- **DATA FOR PROCESSING**:
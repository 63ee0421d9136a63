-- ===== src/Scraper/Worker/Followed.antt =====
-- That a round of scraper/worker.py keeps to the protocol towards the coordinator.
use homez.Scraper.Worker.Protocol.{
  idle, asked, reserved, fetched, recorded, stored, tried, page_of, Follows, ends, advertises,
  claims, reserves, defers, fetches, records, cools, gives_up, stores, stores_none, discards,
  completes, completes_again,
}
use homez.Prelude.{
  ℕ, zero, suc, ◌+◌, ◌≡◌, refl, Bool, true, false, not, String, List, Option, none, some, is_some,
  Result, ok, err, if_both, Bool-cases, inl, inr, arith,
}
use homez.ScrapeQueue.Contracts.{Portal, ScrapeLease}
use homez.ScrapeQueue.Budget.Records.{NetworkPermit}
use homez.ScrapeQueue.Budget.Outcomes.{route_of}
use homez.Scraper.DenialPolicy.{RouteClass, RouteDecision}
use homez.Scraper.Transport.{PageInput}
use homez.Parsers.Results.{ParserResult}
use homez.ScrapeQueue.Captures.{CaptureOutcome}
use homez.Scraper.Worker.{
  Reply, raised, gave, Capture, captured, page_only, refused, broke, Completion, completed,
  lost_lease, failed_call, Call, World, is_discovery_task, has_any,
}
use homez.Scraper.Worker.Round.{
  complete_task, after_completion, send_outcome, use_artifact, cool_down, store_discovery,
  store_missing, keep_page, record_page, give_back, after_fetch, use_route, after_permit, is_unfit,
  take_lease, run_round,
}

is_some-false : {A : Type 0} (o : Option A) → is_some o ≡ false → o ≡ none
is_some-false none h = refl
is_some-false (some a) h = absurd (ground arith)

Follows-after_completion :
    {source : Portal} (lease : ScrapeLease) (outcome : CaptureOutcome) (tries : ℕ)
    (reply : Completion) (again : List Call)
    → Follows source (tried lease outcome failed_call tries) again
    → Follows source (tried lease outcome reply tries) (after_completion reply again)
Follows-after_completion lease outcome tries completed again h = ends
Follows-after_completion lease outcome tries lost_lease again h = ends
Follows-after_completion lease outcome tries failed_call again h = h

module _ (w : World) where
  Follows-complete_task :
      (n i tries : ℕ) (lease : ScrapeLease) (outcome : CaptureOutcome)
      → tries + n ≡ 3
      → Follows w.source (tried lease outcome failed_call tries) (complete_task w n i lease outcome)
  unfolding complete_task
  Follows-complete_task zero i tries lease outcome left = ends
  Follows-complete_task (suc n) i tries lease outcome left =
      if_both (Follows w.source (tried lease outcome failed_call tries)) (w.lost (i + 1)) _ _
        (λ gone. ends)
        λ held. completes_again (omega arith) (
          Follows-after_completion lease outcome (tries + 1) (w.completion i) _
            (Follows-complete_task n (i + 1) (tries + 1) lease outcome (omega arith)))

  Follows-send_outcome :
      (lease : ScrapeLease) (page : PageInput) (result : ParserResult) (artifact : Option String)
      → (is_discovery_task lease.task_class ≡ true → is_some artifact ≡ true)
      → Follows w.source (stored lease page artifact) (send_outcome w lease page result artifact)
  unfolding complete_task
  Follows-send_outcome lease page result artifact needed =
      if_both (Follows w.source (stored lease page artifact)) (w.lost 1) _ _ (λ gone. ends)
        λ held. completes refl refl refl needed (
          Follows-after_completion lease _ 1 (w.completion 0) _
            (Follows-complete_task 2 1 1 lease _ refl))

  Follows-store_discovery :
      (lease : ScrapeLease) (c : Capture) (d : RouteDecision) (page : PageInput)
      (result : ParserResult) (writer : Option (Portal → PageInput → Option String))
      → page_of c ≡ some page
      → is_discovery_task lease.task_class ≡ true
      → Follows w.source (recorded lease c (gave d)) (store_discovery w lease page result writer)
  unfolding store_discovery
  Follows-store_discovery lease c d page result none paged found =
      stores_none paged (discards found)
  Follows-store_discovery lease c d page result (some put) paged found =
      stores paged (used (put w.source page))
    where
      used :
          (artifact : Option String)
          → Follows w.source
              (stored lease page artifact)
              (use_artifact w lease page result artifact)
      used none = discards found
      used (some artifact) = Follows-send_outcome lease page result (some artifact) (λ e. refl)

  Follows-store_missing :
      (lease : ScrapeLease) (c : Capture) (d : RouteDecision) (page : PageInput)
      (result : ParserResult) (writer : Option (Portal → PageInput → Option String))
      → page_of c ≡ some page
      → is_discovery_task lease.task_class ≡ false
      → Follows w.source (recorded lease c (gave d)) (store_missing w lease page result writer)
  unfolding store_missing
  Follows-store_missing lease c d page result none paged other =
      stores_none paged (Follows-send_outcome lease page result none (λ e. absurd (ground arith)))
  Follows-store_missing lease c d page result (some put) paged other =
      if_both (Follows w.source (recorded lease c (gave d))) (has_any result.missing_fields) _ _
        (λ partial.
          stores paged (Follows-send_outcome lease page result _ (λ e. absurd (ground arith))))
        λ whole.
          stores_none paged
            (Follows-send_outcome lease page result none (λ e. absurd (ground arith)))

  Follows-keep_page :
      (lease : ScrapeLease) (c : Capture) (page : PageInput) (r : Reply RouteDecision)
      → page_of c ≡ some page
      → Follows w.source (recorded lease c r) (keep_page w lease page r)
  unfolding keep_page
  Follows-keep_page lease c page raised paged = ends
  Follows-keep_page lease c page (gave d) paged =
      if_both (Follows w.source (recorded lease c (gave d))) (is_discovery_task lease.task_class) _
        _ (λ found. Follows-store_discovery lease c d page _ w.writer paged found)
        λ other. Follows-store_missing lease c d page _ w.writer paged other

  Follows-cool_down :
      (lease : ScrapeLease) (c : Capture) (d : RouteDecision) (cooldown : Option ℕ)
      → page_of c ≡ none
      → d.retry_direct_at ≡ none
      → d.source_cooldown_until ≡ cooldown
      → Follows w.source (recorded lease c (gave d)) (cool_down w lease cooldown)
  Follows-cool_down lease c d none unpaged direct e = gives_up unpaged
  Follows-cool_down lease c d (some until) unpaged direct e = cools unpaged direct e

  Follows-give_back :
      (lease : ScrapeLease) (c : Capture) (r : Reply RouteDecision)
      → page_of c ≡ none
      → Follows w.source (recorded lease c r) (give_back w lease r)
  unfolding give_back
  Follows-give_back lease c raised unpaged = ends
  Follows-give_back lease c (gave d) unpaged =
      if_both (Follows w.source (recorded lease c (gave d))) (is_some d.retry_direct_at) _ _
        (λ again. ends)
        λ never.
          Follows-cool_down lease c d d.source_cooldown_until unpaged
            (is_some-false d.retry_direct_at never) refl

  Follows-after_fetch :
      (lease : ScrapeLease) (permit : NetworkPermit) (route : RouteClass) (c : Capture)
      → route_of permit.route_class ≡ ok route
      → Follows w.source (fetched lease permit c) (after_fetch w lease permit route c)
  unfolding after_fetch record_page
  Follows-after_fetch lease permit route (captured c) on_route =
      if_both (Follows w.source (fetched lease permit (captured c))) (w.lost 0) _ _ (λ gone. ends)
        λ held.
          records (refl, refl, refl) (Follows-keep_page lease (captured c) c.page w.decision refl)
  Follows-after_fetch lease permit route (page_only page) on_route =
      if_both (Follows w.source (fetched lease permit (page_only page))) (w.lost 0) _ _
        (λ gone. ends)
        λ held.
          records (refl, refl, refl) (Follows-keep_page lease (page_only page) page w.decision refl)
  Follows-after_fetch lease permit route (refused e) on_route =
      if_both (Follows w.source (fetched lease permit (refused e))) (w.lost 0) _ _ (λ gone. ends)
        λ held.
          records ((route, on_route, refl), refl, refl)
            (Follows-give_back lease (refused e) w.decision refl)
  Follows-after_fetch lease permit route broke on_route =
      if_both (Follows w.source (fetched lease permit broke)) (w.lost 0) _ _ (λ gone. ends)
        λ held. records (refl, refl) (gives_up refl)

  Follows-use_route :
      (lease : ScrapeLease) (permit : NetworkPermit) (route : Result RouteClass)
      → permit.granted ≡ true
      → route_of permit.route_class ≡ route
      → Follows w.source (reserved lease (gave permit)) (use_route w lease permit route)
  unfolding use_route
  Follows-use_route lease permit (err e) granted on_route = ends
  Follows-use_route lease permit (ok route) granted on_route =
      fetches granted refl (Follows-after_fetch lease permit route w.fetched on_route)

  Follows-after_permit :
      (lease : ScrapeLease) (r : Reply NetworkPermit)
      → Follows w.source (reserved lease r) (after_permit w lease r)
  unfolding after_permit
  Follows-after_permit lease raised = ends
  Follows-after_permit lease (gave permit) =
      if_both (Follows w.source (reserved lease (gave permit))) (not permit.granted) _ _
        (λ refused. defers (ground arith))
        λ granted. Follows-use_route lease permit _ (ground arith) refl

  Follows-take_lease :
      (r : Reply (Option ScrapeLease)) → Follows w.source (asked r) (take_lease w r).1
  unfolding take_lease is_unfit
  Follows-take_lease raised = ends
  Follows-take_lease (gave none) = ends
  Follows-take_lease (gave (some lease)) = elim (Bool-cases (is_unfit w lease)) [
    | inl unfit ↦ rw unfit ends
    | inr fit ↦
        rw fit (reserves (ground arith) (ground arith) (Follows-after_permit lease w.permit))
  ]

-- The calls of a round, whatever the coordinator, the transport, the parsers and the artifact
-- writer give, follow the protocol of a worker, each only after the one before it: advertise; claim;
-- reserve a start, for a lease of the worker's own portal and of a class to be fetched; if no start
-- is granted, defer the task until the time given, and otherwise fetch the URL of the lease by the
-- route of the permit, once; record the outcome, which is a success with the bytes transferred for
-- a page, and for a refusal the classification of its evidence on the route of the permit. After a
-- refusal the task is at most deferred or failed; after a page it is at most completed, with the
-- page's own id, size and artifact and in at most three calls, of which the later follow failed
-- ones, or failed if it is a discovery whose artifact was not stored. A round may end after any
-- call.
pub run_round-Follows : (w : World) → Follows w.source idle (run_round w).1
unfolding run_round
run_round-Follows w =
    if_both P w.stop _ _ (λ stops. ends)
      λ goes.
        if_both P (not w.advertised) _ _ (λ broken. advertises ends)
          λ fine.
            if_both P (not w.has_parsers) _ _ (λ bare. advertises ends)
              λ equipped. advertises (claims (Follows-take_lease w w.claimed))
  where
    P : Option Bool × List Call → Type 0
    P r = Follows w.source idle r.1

==

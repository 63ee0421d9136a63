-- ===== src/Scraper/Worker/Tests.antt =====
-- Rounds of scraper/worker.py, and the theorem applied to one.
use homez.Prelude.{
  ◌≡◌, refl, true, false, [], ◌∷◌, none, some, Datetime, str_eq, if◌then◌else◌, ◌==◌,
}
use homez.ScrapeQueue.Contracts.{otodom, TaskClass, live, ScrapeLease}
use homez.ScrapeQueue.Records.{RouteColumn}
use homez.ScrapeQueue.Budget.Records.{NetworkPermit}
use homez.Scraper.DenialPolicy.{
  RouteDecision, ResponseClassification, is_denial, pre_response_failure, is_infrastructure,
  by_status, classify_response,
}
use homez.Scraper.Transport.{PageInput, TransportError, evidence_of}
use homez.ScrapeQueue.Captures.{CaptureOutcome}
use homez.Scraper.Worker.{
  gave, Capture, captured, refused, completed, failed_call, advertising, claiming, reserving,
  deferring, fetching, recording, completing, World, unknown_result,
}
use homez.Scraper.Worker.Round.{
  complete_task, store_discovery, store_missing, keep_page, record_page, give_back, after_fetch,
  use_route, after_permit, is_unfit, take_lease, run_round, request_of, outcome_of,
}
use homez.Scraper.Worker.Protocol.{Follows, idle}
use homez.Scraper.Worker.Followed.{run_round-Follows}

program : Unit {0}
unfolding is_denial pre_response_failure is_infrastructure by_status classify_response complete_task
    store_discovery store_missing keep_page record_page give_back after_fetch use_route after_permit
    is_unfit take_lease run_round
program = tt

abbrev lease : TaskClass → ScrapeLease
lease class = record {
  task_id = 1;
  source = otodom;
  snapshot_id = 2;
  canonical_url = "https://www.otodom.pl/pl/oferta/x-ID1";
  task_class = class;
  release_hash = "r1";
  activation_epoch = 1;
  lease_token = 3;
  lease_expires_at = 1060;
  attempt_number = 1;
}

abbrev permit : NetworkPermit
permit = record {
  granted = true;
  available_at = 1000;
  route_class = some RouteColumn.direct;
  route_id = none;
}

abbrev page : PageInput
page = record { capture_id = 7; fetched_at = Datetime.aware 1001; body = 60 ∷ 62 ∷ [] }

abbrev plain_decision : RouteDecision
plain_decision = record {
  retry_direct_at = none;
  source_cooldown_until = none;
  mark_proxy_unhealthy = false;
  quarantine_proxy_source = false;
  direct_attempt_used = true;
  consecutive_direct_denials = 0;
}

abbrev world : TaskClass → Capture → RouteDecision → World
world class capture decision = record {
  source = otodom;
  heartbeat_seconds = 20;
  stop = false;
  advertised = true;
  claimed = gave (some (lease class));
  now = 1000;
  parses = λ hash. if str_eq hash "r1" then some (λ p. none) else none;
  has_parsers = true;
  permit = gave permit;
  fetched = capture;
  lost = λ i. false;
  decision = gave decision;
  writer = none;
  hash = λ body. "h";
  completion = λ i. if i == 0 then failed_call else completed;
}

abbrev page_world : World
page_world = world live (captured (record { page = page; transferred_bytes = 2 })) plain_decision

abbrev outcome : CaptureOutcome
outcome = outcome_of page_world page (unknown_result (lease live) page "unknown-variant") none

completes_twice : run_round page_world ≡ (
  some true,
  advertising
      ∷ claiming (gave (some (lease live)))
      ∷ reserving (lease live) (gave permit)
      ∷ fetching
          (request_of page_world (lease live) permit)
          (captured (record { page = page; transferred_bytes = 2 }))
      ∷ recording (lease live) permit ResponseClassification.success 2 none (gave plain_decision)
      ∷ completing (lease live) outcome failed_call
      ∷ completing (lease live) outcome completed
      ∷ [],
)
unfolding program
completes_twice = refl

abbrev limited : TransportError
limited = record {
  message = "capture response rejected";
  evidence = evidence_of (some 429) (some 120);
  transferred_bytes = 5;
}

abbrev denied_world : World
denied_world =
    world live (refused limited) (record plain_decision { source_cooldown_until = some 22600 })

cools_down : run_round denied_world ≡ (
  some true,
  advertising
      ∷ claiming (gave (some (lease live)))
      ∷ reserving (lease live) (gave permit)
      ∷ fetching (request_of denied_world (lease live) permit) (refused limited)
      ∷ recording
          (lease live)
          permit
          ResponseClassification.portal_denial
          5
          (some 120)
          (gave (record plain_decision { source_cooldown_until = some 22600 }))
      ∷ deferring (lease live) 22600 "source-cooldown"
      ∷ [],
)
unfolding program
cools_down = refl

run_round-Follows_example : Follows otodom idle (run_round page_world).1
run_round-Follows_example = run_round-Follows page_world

- **TASK ITEM**: The line above containing "pub run_round-Follows : (w", the line containing "P r = Follows w.source idle r.1", and every line between them are to be transcribed exactly; no other line is wanted.

- **PROBLEM SOLUTION**:
pub run_round-Follows : (w : World) → Follows w.source idle (run_round w).1
unfolding run_round
run_round-Follows w =
    if_both P w.stop _ _ (λ stops. ends)
      λ goes.
        if_both P (not w.advertised) _ _ (λ broken. advertises ends)
          λ fine.
            if_both P (not w.has_parsers) _ _ (λ bare. advertises ends)
              λ equipped. advertises (claims (Follows-take_lease w w.claimed))
  where
    P : Option Bool × List Call → Type 0
    P r = Follows w.source idle r.1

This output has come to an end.